**Exercise requirements**
Would you copy out each line of the records below that includes the word "unfolding"?

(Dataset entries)
________________________

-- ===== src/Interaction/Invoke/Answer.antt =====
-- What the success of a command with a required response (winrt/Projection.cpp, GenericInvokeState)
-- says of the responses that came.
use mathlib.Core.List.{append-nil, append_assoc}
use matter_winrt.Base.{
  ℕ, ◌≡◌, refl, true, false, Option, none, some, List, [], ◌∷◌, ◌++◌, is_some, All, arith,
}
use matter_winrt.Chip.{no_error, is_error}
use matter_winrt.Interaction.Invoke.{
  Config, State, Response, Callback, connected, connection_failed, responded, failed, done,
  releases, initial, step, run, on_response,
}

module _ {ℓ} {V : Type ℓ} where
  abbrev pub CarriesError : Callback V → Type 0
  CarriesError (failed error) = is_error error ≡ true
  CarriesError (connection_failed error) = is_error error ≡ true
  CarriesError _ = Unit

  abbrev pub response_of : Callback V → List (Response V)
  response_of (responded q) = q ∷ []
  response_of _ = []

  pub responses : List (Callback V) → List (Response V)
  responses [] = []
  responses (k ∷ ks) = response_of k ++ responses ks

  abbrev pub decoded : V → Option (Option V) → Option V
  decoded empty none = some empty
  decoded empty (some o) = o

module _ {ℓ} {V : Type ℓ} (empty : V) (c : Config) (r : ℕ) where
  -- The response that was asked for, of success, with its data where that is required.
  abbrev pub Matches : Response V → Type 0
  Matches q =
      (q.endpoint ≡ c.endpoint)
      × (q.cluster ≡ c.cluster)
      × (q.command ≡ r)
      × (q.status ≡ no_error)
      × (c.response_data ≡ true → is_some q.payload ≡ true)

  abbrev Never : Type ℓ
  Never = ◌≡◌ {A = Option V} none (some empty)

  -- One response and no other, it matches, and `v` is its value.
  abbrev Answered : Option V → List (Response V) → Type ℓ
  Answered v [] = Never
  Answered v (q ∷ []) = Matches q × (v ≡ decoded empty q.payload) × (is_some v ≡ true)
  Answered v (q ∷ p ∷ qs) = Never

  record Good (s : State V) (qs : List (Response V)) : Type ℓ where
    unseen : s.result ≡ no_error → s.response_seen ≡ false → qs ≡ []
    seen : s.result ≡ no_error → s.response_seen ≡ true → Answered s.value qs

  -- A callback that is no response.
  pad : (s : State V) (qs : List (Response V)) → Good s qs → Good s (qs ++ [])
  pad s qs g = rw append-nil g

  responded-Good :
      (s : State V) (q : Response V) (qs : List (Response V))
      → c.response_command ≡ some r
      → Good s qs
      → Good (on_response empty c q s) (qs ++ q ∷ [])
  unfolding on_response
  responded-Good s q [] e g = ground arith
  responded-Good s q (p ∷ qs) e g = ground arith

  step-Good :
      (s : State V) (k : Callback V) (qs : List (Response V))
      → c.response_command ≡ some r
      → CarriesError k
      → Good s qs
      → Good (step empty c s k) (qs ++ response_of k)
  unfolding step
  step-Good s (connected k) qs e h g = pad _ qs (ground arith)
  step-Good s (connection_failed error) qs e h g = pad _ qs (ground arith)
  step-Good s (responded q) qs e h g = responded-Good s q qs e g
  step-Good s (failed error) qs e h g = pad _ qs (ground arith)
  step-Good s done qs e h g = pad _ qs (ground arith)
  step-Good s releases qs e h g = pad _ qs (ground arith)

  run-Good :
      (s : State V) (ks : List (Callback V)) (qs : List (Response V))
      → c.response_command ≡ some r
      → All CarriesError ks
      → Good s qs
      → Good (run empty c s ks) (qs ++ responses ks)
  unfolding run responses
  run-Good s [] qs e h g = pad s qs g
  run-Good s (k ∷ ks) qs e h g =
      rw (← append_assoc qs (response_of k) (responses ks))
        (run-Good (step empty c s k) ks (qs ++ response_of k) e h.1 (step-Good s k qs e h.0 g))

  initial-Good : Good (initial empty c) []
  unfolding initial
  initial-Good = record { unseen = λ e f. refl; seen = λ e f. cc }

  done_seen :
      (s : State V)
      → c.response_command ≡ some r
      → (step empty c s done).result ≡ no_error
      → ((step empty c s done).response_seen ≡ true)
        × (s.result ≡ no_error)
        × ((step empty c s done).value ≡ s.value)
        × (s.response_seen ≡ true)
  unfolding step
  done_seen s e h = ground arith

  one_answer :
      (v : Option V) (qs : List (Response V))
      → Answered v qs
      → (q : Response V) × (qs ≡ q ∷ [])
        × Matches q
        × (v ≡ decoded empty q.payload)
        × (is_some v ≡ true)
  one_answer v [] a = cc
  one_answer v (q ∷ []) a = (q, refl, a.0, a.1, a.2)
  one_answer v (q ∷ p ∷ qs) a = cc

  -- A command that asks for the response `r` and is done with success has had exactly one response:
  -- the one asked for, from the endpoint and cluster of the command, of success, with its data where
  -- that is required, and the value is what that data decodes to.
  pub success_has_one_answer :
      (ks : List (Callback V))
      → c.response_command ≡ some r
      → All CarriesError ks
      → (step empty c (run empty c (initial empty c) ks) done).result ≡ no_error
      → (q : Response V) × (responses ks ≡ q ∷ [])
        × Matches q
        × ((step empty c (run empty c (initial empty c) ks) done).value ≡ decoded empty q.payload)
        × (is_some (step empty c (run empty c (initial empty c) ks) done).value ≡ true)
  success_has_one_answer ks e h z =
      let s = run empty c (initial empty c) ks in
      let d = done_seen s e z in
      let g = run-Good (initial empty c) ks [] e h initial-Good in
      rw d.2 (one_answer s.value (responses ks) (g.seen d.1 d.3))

________________________

**Task solution**
  unfolding on_response
  unfolding step
  unfolding run responses
  unfolding initial
  unfolding step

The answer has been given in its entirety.